Reproduce this listing from its first line through the line with "pub room : m.entries < 64 * length m.bitmap", inclusive, leaving out all that follows.

---

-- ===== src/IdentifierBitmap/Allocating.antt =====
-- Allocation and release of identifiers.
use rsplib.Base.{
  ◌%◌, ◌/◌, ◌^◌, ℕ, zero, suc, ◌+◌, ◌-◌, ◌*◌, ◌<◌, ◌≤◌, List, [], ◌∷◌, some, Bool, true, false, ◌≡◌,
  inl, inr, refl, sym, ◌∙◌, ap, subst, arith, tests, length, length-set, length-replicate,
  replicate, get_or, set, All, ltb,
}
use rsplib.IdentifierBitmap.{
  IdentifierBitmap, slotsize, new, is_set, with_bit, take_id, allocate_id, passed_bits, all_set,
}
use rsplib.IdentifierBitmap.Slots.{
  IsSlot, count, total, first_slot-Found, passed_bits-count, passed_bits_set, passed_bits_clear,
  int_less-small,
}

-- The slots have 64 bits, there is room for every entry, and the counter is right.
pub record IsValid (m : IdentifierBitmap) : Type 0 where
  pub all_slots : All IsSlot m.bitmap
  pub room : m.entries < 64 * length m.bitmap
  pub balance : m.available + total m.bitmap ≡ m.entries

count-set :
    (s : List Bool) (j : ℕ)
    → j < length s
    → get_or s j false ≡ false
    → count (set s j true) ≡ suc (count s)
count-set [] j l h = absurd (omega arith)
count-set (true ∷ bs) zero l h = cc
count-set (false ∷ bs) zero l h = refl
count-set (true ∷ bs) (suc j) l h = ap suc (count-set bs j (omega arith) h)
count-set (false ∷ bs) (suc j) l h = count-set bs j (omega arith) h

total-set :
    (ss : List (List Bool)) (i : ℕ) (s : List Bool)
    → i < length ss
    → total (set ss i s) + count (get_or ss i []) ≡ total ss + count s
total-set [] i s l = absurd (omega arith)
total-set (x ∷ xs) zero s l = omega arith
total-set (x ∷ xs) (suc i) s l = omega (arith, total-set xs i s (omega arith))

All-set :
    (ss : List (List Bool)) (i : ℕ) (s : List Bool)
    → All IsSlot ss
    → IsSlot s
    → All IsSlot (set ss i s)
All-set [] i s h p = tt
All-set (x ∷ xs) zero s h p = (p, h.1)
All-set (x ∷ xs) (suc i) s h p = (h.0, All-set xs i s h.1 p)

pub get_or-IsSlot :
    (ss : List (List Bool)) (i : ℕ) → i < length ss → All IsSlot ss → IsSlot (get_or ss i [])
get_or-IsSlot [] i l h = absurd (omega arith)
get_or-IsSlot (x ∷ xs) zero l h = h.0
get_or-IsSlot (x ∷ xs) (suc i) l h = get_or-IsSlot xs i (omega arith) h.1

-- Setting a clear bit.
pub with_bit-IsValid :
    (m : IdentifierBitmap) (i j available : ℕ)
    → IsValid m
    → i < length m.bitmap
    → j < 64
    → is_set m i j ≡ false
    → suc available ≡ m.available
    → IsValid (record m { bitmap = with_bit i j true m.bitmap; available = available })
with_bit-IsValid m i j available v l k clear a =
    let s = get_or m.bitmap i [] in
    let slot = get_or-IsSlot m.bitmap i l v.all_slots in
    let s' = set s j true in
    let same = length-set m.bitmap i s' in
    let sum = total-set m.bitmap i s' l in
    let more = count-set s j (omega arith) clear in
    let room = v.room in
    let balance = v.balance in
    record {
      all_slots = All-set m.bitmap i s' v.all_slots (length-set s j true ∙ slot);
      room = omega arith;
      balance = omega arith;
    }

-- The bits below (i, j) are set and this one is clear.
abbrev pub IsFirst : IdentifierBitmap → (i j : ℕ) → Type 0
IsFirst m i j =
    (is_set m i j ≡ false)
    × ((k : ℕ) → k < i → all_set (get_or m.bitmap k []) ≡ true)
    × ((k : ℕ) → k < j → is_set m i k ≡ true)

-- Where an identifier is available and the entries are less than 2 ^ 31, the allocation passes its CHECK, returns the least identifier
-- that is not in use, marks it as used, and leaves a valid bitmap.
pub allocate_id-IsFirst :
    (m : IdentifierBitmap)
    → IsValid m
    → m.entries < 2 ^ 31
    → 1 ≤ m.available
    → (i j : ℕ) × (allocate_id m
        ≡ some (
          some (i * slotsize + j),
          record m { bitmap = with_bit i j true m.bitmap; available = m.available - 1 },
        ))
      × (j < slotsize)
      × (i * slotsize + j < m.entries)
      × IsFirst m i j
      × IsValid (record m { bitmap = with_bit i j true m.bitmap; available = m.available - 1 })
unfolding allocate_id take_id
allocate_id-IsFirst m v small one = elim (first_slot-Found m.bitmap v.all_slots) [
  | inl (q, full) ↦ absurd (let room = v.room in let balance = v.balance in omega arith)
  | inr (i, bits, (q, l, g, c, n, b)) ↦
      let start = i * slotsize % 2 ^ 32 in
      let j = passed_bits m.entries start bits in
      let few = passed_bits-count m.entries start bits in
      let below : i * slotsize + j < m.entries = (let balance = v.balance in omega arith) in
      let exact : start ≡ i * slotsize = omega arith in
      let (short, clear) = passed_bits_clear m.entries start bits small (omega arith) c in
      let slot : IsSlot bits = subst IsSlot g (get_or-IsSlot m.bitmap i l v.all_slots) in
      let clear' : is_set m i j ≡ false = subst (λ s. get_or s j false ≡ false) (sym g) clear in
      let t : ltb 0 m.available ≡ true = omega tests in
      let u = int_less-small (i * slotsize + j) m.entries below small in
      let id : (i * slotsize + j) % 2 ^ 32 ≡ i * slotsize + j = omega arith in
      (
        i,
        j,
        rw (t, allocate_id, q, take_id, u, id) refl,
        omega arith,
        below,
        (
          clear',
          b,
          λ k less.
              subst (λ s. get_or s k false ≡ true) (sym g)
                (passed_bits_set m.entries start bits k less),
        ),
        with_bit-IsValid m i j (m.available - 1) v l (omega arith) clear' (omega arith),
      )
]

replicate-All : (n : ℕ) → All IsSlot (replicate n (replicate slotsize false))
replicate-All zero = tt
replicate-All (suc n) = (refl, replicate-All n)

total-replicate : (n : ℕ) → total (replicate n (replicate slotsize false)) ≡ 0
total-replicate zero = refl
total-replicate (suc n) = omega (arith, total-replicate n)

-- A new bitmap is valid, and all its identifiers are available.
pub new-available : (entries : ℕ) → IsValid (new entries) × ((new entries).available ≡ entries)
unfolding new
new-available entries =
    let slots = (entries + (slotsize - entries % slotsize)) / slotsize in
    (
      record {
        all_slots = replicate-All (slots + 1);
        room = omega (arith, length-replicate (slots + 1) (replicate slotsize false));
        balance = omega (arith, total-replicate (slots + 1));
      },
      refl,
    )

---

• [Result]:
-- ===== src/IdentifierBitmap/Allocating.antt =====
-- Allocation and release of identifiers.
use rsplib.Base.{
  ◌%◌, ◌/◌, ◌^◌, ℕ, zero, suc, ◌+◌, ◌-◌, ◌*◌, ◌<◌, ◌≤◌, List, [], ◌∷◌, some, Bool, true, false, ◌≡◌,
  inl, inr, refl, sym, ◌∙◌, ap, subst, arith, tests, length, length-set, length-replicate,
  replicate, get_or, set, All, ltb,
}
use rsplib.IdentifierBitmap.{
  IdentifierBitmap, slotsize, new, is_set, with_bit, take_id, allocate_id, passed_bits, all_set,
}
use rsplib.IdentifierBitmap.Slots.{
  IsSlot, count, total, first_slot-Found, passed_bits-count, passed_bits_set, passed_bits_clear,
  int_less-small,
}

-- The slots have 64 bits, there is room for every entry, and the counter is right.
pub record IsValid (m : IdentifierBitmap) : Type 0 where
  pub all_slots : All IsSlot m.bitmap
  pub room : m.entries < 64 * length m.bitmap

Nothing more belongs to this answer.